Studio album
- Released: 1954
- Genre: Classical
- Label: EMI Classics
- Producer: Walter Legge

= Così fan tutte (Herbert von Karajan recording) =

Così fan Tutte is a 1954 studio recording of Mozart's opera of the same name released by EMI Classics with the Philharmonia Orchestra and Chorus conducted by Herbert von Karajan. The cast features Elisabeth Schwarzkopf as Fiordiligi, Nan Merriman as Dorabella, Rolando Panerai as Guglielmo, Léopold Simoneau as Ferrando, and Lisa Otto as Despina.

Walter Legge was the producer and helped to procure Mozart specialists for the recording. The music was recorded at Kingsway Hall, London in July of 1954, in monophonic sound before the introduction of stereo sound recordings. The album was released in 1955 to critical acclaim and holds a high reputation in the catalogue. However, some have criticized the recording for cutting several recitatives and having a charged performance.

The recording remains a classic in the classical music repertoire, but has been overshadowed by Karl Böhm's 1962 recording with the Philharmonia Orchestra. EMI rereleased the recording several times and in 1999, under the "Great Recordings of the Century". The recording has also been released on the Naxos label. The recording was a recipient of the Diapason d'Or, a Choc du Monde de la Musique and Orphee d'Or award.

==Background==

Così fan tutte lacked the performing tradition of Mozart's more famous operas Don Giovanni and The Marriage of Figaro. The subject matter did not offend Viennese sensibilities of the time, but in the 19th and early 20th centuries was considered risqué, vulgar, and even immoral. The opera was rarely performed, and when it did appear it was presented in one of several bowdlerised versions. The opera was not performed in the US until 1922.

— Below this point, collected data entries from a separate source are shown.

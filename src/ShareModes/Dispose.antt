-- ===== src/ShareModes/Dispose.antt =====
-- `release` and `transfer`, and the invariant.
use gosamba.Prelude.{
  ℕ, ◌≡◌, refl, true, false, not, ◌==◌, ==_iff, arith, List, [], ◌∷◌, Option, none, some, any,
  filter, Apart-filter, Elem-filter_inv,
}
use gosamba.Prelude.Assoc.{get?, delete, get?-delete, nat_key}
use gosamba.Locks.Range.{FileKey, file_key, file_key_eq_iff}
use gosamba.ShareModes.{
  ShareModeEntry, ShareModeTable, share_conflict, entries_at, release_at, release, wake_locked,
}
use gosamba.ShareModes.Sweep.{same_owner, of_owner}
use gosamba.ShareModes.Invariant.{IsValid, entries_at-store, Change, Change-IsValid}

any-filter_other :
    (o x : ℕ) (es : List ShareModeEntry)
    → (o == x) ≡ false
    → any (of_owner x) es ≡ true
    → any (of_owner x) (filter (λ e. not (e.owner == o)) es) ≡ true
any-filter_other o x [] ne h = h
any-filter_other o x (e ∷ es) ne h = ground (arith, any-filter_other o x es ne)

release-Change :
    (t : ShareModeTable) (o : ℕ) (key : FileKey)
    → IsValid t
    → get? o t.owners ≡ some key
    → Change t (release_at t o (some key)) key (filter (λ e. not (e.owner == o)) (entries_at key t))
unfolding release_at wake_locked
release-Change t o key v mine = record {
  at =
      entries_at-store t (release_at t o (some key)) key
        (filter (λ e. not (e.owner == o)) (entries_at key t)) refl;
  compatible =
      Apart-filter share_conflict (λ e. not (e.owner == o)) (entries_at key t) (v.compatible key);
  single = Apart-filter same_owner (λ e. not (e.owner == o)) (entries_at key t) (v.single key);
  registered = λ e i.
      let (i', h) = Elem-filter_inv (λ e. not (e.owner == o)) e (entries_at key t) i in
      ground (
        arith,
        get?-delete o e.owner t.owners,
        v.registered key e i',
        ==_iff e.owner o,
        ==_iff o e.owner,
      );
  elsewhere = λ j e ne i. ground (
    arith,
    get?-delete o e.owner t.owners,
    v.registered j e i,
    file_key_eq_iff key j,
    ==_iff o e.owner,
  );
  present = λ x h.
      let (ne, k) = kept x key h in any-filter_other o x (entries_at key t) ne (v.present key x k);
  owned = λ j x ne h. (kept x j h).1;
}
  where
    kept :
        (x : ℕ) (j : FileKey)
        → get? x (delete o t.owners) ≡ some j
        → ((o == x) ≡ false) × (get? x t.owners ≡ some j)
    kept x j h = ground (arith, get?-delete o x t.owners)

release_at-IsValid :
    (t : ShareModeTable) (o : ℕ) (k : Option FileKey)
    → get? o t.owners ≡ k
    → IsValid t
    → IsValid (release_at t o k)
unfolding release_at
release_at-IsValid t o none e v = v
release_at-IsValid t o (some key) e v =
    Change-IsValid t (release_at t o (some key)) key
      (filter (λ x. not (x.owner == o)) (entries_at key t)) v (release-Change t o key v e)

pub release-IsValid : (t : ShareModeTable) (o : ℕ) → IsValid t → IsValid (release t o)
unfolding release
release-IsValid t o v = release_at-IsValid t o (get? o t.owners) refl v
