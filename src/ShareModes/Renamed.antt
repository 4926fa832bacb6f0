-- ===== src/ShareModes/Renamed.antt =====
-- `transfer`: a reservation moves to another handle.
use gosamba.Prelude.{
  ℕ, ◌≡◌, refl, ◌⊎◌, inl, inr, true, false, ◌==◌, ==_iff, arith, if◌then◌else◌, List, [], ◌∷◌,
  Option, none, some, any, All, Apart, Bool-cases, Elem, All-Elem, All-of_Elem, ◌∙◌,
}
use gosamba.Prelude.Assoc.{get?, put, delete, get?-put, get?-delete, nat_key}
use gosamba.Locks.Range.{FileKey, file_key, file_key_eq, file_key_eq_iff}
use gosamba.ShareModes.{
  ShareModeEntry, ShareModeTable, share_conflict, entries_at, rename_first, transfer_at, transfer,
}
use gosamba.ShareModes.Sweep.{same_owner, of_owner}
use gosamba.ShareModes.Invariant.{IsValid, Change, Change-IsValid}

abbrev pub renamed : ℕ → ShareModeEntry → ShareModeEntry
renamed to e = record e { owner = to }

conflict-renamed :
    (to : ℕ) (a b : ShareModeEntry)
    → (share_conflict a (renamed to b) ≡ share_conflict a b)
      × (share_conflict (renamed to a) b ≡ share_conflict a b)
unfolding share_conflict
conflict-renamed to a b = (refl, refl)

module _ (from to : ℕ) where
  All-conflict_rename :
      (x : ShareModeEntry) (es : List ShareModeEntry)
      → All (λ y. share_conflict x y ≡ false) es
      → All (λ y. share_conflict x y ≡ false) (rename_first from to es)
  unfolding rename_first
  All-conflict_rename x [] a = tt
  All-conflict_rename x (e ∷ es) a = elim (Bool-cases (e.owner == from)) [
    | inl h ↦ rw h ((conflict-renamed to x e).0 ∙ a.0, a.1)
    | inr h ↦ rw h (a.0, All-conflict_rename x es a.1)
  ]

  All-conflict_renamed :
      (x : ShareModeEntry) (es : List ShareModeEntry)
      → All (λ y. share_conflict x y ≡ false) es
      → All (λ y. share_conflict (renamed to x) y ≡ false) es
  All-conflict_renamed x [] a = tt
  All-conflict_renamed x (e ∷ es) a =
      ((conflict-renamed to x e).1 ∙ a.0, All-conflict_renamed x es a.1)

  Apart-conflict_rename :
      (es : List ShareModeEntry)
      → Apart share_conflict es
      → Apart share_conflict (rename_first from to es)
  unfolding rename_first
  Apart-conflict_rename [] a = tt
  Apart-conflict_rename (e ∷ es) a = elim (Bool-cases (e.owner == from)) [
    | inl h ↦ rw h (All-conflict_renamed e es a.0, a.1)
    | inr h ↦ rw h (All-conflict_rename e es a.0, Apart-conflict_rename es a.1)
  ]

  -- The new owner is nobody's, so the entries stay apart by owner.
  All-owner_rename :
      (x : ShareModeEntry) (es : List ShareModeEntry)
      → (x.owner == to) ≡ false
      → All (λ y. same_owner x y ≡ false) es
      → All (λ y. same_owner x y ≡ false) (rename_first from to es)
  unfolding rename_first
  All-owner_rename x [] ne a = tt
  All-owner_rename x (e ∷ es) ne a = elim (Bool-cases (e.owner == from)) [
    | inl h ↦ rw h (ne, a.1)
    | inr h ↦ rw h (a.0, All-owner_rename x es ne a.1)
  ]

  fresh_apart :
      (e : ShareModeEntry) (es : List ShareModeEntry)
      → All (λ y. (y.owner == to) ≡ false) es
      → All (λ y. same_owner (renamed to e) y ≡ false) es
  fresh_apart e [] a = tt
  fresh_apart e (x ∷ es) a = (ground (arith, a.0), fresh_apart e es a.1)

  Apart-owner_rename :
      (es : List ShareModeEntry)
      → All (λ y. (y.owner == to) ≡ false) es
      → Apart same_owner es
      → Apart same_owner (rename_first from to es)
  unfolding rename_first
  Apart-owner_rename [] f a = tt
  Apart-owner_rename (e ∷ es) f a = elim (Bool-cases (e.owner == from)) [
    | inl h ↦ rw h (fresh_apart e es f.1, a.1)
    | inr h ↦ rw h (All-owner_rename e es f.0 a.0, Apart-owner_rename es f.1 a.1)
  ]

  -- An entry afterwards is the renamed one, or an old one of another handle.
  Elem-rename_inv :
      (x : ShareModeEntry) (es : List ShareModeEntry)
      → Apart same_owner es
      → Elem x (rename_first from to es)
      → (x.owner ≡ to) ⊎ (Elem x es × ((x.owner == from) ≡ false))
  unfolding rename_first
  Elem-rename_inv x [] a i = elim i [ ]
  Elem-rename_inv x (e ∷ es) a i = elim (Bool-cases (e.owner == from)) [
    | inl h ↦ elim (rw h at i) [
      | inl same ↦ inl (ground arith)
      | inr more ↦
          inr (inr more, ground (arith, All-Elem (λ y. same_owner e y ≡ false) x es a.0 more))
    ]
    | inr h ↦ elim (rw h at i) [
      | inl same ↦ inr (inl same, ground arith)
      | inr more ↦ elim (Elem-rename_inv x es a.1 more) [
        | inl new ↦ inl new
        | inr (old, ne) ↦ inr (inr old, ne)
      ]
    ]
  ]

  any-rename_new :
      (es : List ShareModeEntry)
      → any (of_owner from) es ≡ true
      → any (of_owner to) (rename_first from to es) ≡ true
  unfolding rename_first
  any-rename_new [] h = h
  any-rename_new (e ∷ es) h = ground (arith, any-rename_new es)

  any-rename_other :
      (o : ℕ) (es : List ShareModeEntry)
      → (from == o) ≡ false
      → any (of_owner o) es ≡ true
      → any (of_owner o) (rename_first from to es) ≡ true
  unfolding rename_first
  any-rename_other o [] ne h = h
  any-rename_other o (e ∷ es) ne h = ground (arith, any-rename_other o es ne)

entries_at-put :
    (t t' : ShareModeTable) (key : FileKey) (es : List ShareModeEntry)
    → t'.by_file ≡ put key es t.by_file
    → (j : FileKey) → entries_at j t' ≡ (if file_key_eq key j then es else entries_at j t)
unfolding entries_at
entries_at-put t t' key es e j = rw e (ground (arith, get?-put key j es t.by_file))

transfer-Change :
    (t : ShareModeTable) (from to : ℕ) (key : FileKey)
    → IsValid t
    → get? to t.owners ≡ none
    → get? from t.owners ≡ some key
    → Change t (transfer_at t from to (some key)) key (rename_first from to (entries_at key t))
unfolding transfer_at
transfer-Change t from to key v free mine = record {
  at = at;
  compatible = Apart-conflict_rename from to (entries_at key t) (v.compatible key);
  single = Apart-owner_rename from to (entries_at key t) not_to (v.single key);
  registered = λ x i. elim (Elem-rename_inv from to x (entries_at key t) (v.single key) i) [
    | inl new ↦ ground (arith, owners x.owner)
    | inr (old, ne) ↦ ground (arith, owners x.owner, v.registered key x old)
  ];
  elsewhere = λ j x ne i. ground (arith, owners x.owner, v.registered j x i, file_key_eq_iff key j);
  present = λ o h. elim (Bool-cases (to == o)) [
    | inl same ↦
        rw (← (==_iff to o).0 same)
          (any-rename_new from to (entries_at key t) (v.present key from mine))
    | inr other ↦
        any-rename_other from to o (entries_at key t) (ground (arith, owners o))
          (v.present key o (ground (arith, owners o)))
  ];
  owned = λ j o ne h. ground (arith, owners o, file_key_eq_iff key j);
}
  where
    owners :
        (o : ℕ)
        → get? o (put to key (delete from t.owners))
          ≡ (if to == o then some key else if from == o then none else get? o t.owners)
    owners o = ground (arith, get?-put to o key (delete from t.owners), get?-delete from o t.owners)

    not_to : All (λ y. (y.owner == to) ≡ false) (entries_at key t)
    not_to =
        All-of_Elem (λ y. (y.owner == to) ≡ false) (entries_at key t)
          λ y i. ground (arith, v.registered key y i, ==_iff y.owner to)

    at :
        (j : FileKey)
        → entries_at j (transfer_at t from to (some key))
          ≡ (if file_key_eq key j then rename_first from to (entries_at key t) else entries_at j t)
    at j =
        entries_at-put t (transfer_at t from to (some key)) key
          (rename_first from to (entries_at key t)) refl j

transfer_at-IsValid :
    (t : ShareModeTable) (from to : ℕ) (k : Option FileKey)
    → get? from t.owners ≡ k
    → get? to t.owners ≡ none
    → IsValid t
    → IsValid (transfer_at t from to k)
unfolding transfer_at
transfer_at-IsValid t from to none e free v = v
transfer_at-IsValid t from to (some key) e free v =
    Change-IsValid t (transfer_at t from to (some key)) key
      (rename_first from to (entries_at key t)) v (transfer-Change t from to key v free e)

pub transfer-IsValid :
    (t : ShareModeTable) (from to : ℕ)
    → get? to t.owners ≡ none
    → IsValid t
    → IsValid (transfer t from to)
unfolding transfer
transfer-IsValid t from to free v = elim (Bool-cases (from == to)) [
  | inl e ↦ rw e v
  | inr e ↦ rw e (transfer_at-IsValid t from to (get? from t.owners) refl free v)
]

The first major recording of Cosi fan tutte was released under EMI/Angel records with conductor Fritz Busch and the Glyndebourne Festival Chorus and Orchestra in 1935. Nevertheless, it was only after World War II that the opera regained a place in the standard operatic repertoire. The 1940s and 1950s saw the production of several recordings of the opera under the direction of conductors Fritz Busch with the Glyndebourne Festival and Royal Philharmonic, Karl Böhm with the Vienna Philharmonic and L'Orchestre de la Suisse Romande, and Fritz Stiedry with the Metropolitan Opera.

==Critical reception==

In a 1960 High Fidelity review, the reviewer ranked the recording the best overall recording of the opera and noted that the each singer has a "complete understanding of his role". The critic praised the balance of ensembles and volumes between the orchestra and voices. Several reviewers of the Gramophone magazine praised the recording for its ideal casting, musical enjoyment, high quality orchestra playing and the individual performances of the singers. Some later reviews of the Gramophone (1988) criticize the Karajan recording for having a "finicky effect" in a "highly charged performance". In 1993, one critic from the Metropolitan Opera Guide described the recording as unsatisfactory and "in some ways disastrous".

According to the Metropolitan Opera Guide to Recorded Opera, the recording has an "exulted reputation" among critics. In a 1989 survey, the Penguin Guide described the recording as essential supplement to the Karl Böhm recording. Some critics have named the recording one of great recordings of the 20th century.